If it's you, now we have a problem. I don't pay my contractors until the project is complete (or partially) and material is placed and to my satisfaction. I NEVER pay in full for anything that has yet to be finished as this is my only leverage to making sure the contractor fulfills his contract and doesn't up and leave me with a partially completed project. From the sounds of it, you don't have any receipts so I'm guessing those materials were not paid for by you?

The property owner should never be on the hook for missing materials that are caused by a feud between the GC and one of their own subs! Always use a lockbox and make sure only the contractors you want working in the house have the most up to date codes. As mentioned above, the contractor should also have insurance to take care of theft and other issues that may arise during construction.

To Answer your remaining questions -

"A. why was ALL of the flooring, drywall, cabinetry, etc ($10k) sitting in the house at one time, as opposed to buying as needed."

This is more than likely a logistics thing on the contractors end. This is another reason why it is important to have a lockbox and only allow the GC and his subs access to the site while performing their contracted work.

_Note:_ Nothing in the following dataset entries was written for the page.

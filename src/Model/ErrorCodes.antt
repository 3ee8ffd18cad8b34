-- ===== src/Model/ErrorCodes.antt =====
-- include/ezcap/error.hpp and src/common/error.cpp: the error codes of the protocol.
use ezcap.Base.{Text, codes}

pub data ErrorCode : Type 0 where
  invalid_framing message_too_large invalid_json invalid_utf8 schema_violation : ErrorCode
  unsupported_version unknown_operation operation_not_allowed missing_field : ErrorCode
  too_many_subscriptions queue_overflow client_timeout daemon_unavailable : ErrorCode
  socket_permission connection_closed backend_unavailable missing_permission : ErrorCode
  capture_filter_error backend_load_failure storage_error policy_violation : ErrorCode
  internal_error : ErrorCode

pub record IpcError : Type 0 where
  pub code : ErrorCode
  pub message : Text

unfoldable pub error_code_name : ErrorCode → Text
error_code_name invalid_framing = codes "invalid_framing"
error_code_name message_too_large = codes "message_too_large"
error_code_name invalid_json = codes "invalid_json"
error_code_name invalid_utf8 = codes "invalid_utf8"
error_code_name schema_violation = codes "schema_violation"
error_code_name unsupported_version = codes "unsupported_version"
error_code_name unknown_operation = codes "unknown_operation"
error_code_name operation_not_allowed = codes "operation_not_allowed"
error_code_name missing_field = codes "missing_field"
error_code_name too_many_subscriptions = codes "too_many_subscriptions"
error_code_name queue_overflow = codes "queue_overflow"
error_code_name client_timeout = codes "client_timeout"
error_code_name daemon_unavailable = codes "daemon_unavailable"
error_code_name socket_permission = codes "socket_permission"
error_code_name connection_closed = codes "connection_closed"
error_code_name backend_unavailable = codes "backend_unavailable"
error_code_name missing_permission = codes "missing_permission"
error_code_name capture_filter_error = codes "capture_filter_error"
error_code_name backend_load_failure = codes "backend_load_failure"
error_code_name storage_error = codes "storage_error"
error_code_name policy_violation = codes "policy_violation"
error_code_name internal_error = codes "internal_error"

unfoldable pub error_code_description : ErrorCode → Text
error_code_description invalid_framing = codes "message framing is invalid"
error_code_description message_too_large = codes "message exceeds the size limit"
error_code_description invalid_json = codes "message is not valid JSON"
error_code_description invalid_utf8 = codes "message contains invalid UTF-8"
error_code_description schema_violation = codes "message does not match the protocol schema"
error_code_description unsupported_version = codes "protocol version is not supported"
error_code_description unknown_operation = codes "operation is not recognised"
error_code_description operation_not_allowed = codes "operation is not allowed"
error_code_description missing_field = codes "a required field is missing"
error_code_description too_many_subscriptions = codes "too many subscriptions for this client"
error_code_description queue_overflow = codes "client queue overflowed"
error_code_description client_timeout = codes "client timed out"
error_code_description daemon_unavailable = codes "daemon is unavailable"
error_code_description socket_permission = codes "socket permission denied"
error_code_description connection_closed = codes "connection closed"
error_code_description backend_unavailable = codes "capture backend is unavailable"
error_code_description missing_permission = codes "capture permission is missing"
error_code_description capture_filter_error = codes "capture filter could not be applied"
error_code_description backend_load_failure = codes "capture backend failed to load"
error_code_description storage_error = codes "storage operation failed"
error_code_description policy_violation = codes "policy rejected the request"
error_code_description internal_error = codes "internal error"
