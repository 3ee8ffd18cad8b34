-- ===== src/Model/Protocol.antt =====
-- include/ezcap/ipc_protocol.hpp, include/ezcap/version.hpp and src/ipc/ipc_protocol.cpp: the
-- limits of the channel, the operations and the messages. Error messages and documents are texts.
pub mod Operations
use ezcap.Base.{ℕ, ◌*◌, Bool, [], ◌∷◌, Option, none, some, if◌then◌else◌, Text, codes, text_eq}
use ezcap.Model.ErrorCodes.{IpcError}

abbrev pub protocol_version : ℕ
protocol_version = 1

abbrev pub event_schema_version : ℕ
event_schema_version = 1

abbrev pub max_request_bytes : ℕ
max_request_bytes = 64 * 1024

abbrev pub max_clients : ℕ
max_clients = 16

abbrev pub max_subscriptions_per_client : ℕ
max_subscriptions_per_client = 8

abbrev pub max_outgoing_queue : ℕ
max_outgoing_queue = 1024

pub data Operation : Type 0 where
  hello get_status subscribe unsubscribe set_policy get_policy shutdown : Operation

pub record Request : Type 0 where
  pub version : ℕ
  pub operation : Operation
  pub request_id : Text
  pub params_json : Text

pub record Response : Type 0 where
  pub request_id : Text
  pub is_ok : Bool
  pub result_json : Text
  pub error : IpcError

unfoldable pub operation_name : Operation → Text
operation_name hello = codes "hello"
operation_name get_status = codes "get_status"
operation_name subscribe = codes "subscribe"
operation_name unsubscribe = codes "unsubscribe"
operation_name set_policy = codes "set_policy"
operation_name get_policy = codes "get_policy"
operation_name shutdown = codes "shutdown"

unfoldable pub operation_from_name : Text → Option Operation
operation_from_name name =
    if text_eq name (codes "hello")
    then some hello
    else if text_eq name (codes "get_status")
    then some get_status
    else if text_eq name (codes "subscribe")
    then some subscribe
    else if text_eq name (codes "unsubscribe")
    then some unsubscribe
    else if text_eq name (codes "set_policy")
    then some set_policy
    else if text_eq name (codes "get_policy")
    then some get_policy
    else if text_eq name (codes "shutdown")
    then some shutdown
    else none
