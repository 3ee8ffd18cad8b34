-- ===== src/Model/Event.antt =====
-- include/ezcap/event.hpp: the normalised event. A time point is its count of nanoseconds since
-- the epoch, ports, pids and uids are numbers, and a confidence is counted in hundredths.
use ezcap.Base.{ℕ, Bool, true, false, ◌||◌, List, [], Option, none, Text}
use ezcap.Model.EventTypes.{EventType, connection, EventSource, pcap, Transport, Direction}
use ezcap.Model.Protocol.{event_schema_version}

pub record ProcessInfo : Type 0 where
  pub pid : ℕ
  pub name : Text
  pub uid : Option ℕ

pub record NetworkInfo : Type 0 where
  pub transport : Transport
  pub direction : Direction
  pub local_address : Text
  pub local_port : ℕ
  pub remote_address : Text
  pub remote_port : ℕ
  pub dns_query_name : Text
  pub dns_response_code : Option ℕ
  pub interface : Text
  pub backend : EventSource

pub record BrowserInfo : Type 0 where
  pub tab_id : ℕ
  pub window_id : ℕ
  pub url : Text
  pub title : Text
  pub navigation_id : Text
  pub frame_id : ℕ

-- `std::array<bool, 5>`, indexed by `RedactionKind`.
pub record Redactions : Type 0 where
  pub query_string : Bool
  pub fragment : Bool
  pub hostname_hash : Bool
  pub hostname_mask : Bool
  pub domain_excluded : Bool

abbrev pub no_redactions : Redactions
no_redactions = record {
  query_string = false;
  fragment = false;
  hostname_hash = false;
  hostname_mask = false;
  domain_excluded = false;
}

-- The loop that ors the kinds of one redactor call into the annotations of an event.
unfoldable pub merge : Redactions → Redactions → Redactions
merge a b = record {
  query_string = a.query_string || b.query_string;
  fragment = a.fragment || b.fragment;
  hostname_hash = a.hostname_hash || b.hostname_hash;
  hostname_mask = a.hostname_mask || b.hostname_mask;
  domain_excluded = a.domain_excluded || b.domain_excluded;
}

pub record PrivacyInfo : Type 0 where
  pub redacted : Bool
  pub metadata_only : Bool
  pub redactions : Redactions

pub record BackendStatus : Type 0 where
  pub name : EventSource
  pub active : Bool
  pub detail : Text

pub record Event : Type 0 where
  pub schema_version : ℕ
  pub event_id : Text
  pub type : EventType
  pub source : EventSource
  pub timestamp : ℕ
  pub confidence : ℕ
  pub correlation_id : Text
  pub process : Option ProcessInfo
  pub network : Option NetworkInfo
  pub browser : Option BrowserInfo
  pub privacy : PrivacyInfo
  pub backend_statuses : List BackendStatus
  pub error_code : Text
  pub error_message : Text

-- `Event event;`: the members' initialisers.
abbrev pub new_event : Event
new_event = record {
  schema_version = event_schema_version;
  event_id = [];
  type = connection;
  source = pcap;
  timestamp = 0;
  confidence = 0;
  correlation_id = [];
  process = none;
  network = none;
  browser = none;
  privacy = record { redacted = false; metadata_only = true; redactions = no_redactions };
  backend_statuses = [];
  error_code = [];
  error_message = [];
}
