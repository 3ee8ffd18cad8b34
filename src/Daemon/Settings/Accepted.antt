-- ===== src/Daemon/Settings/Accepted.antt =====
-- What a configuration that is accepted keeps to.
use ezcap.Base.Json.{Json}
use ezcap.Base.Result.{Result}
use ezcap.Policy.Types.{Policy}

Another reason why it is important for the GC to have insurance.

"B. sub-contractor supposedly bought materials and is obviously not talking to my GC anymore, so he can't provide me receipts."

I don't see why receipts from the sub would matter? You, or should I say your contractor, is obviously not going to pay the sub for work that hasn't been performed. Fill me in if I'm missing a key piece of information here.

"My initial reaction is that it seems a bit fishy to have this much material disappear, without receipts. Should I just say I'm willing to reimburse for the receipts I'm provided, everything else is on my contractor? How would you guys handle this?"

I wouldn't "reimburse" anything. Pay your GC for a finished product. It's up to the GC to manage his own subs, employees, materials, logistics, insurance, etc. and then you will pay the GC once the project is complete or when certain milestones are reached as agreed upon up front (pay requests for completion of certain items).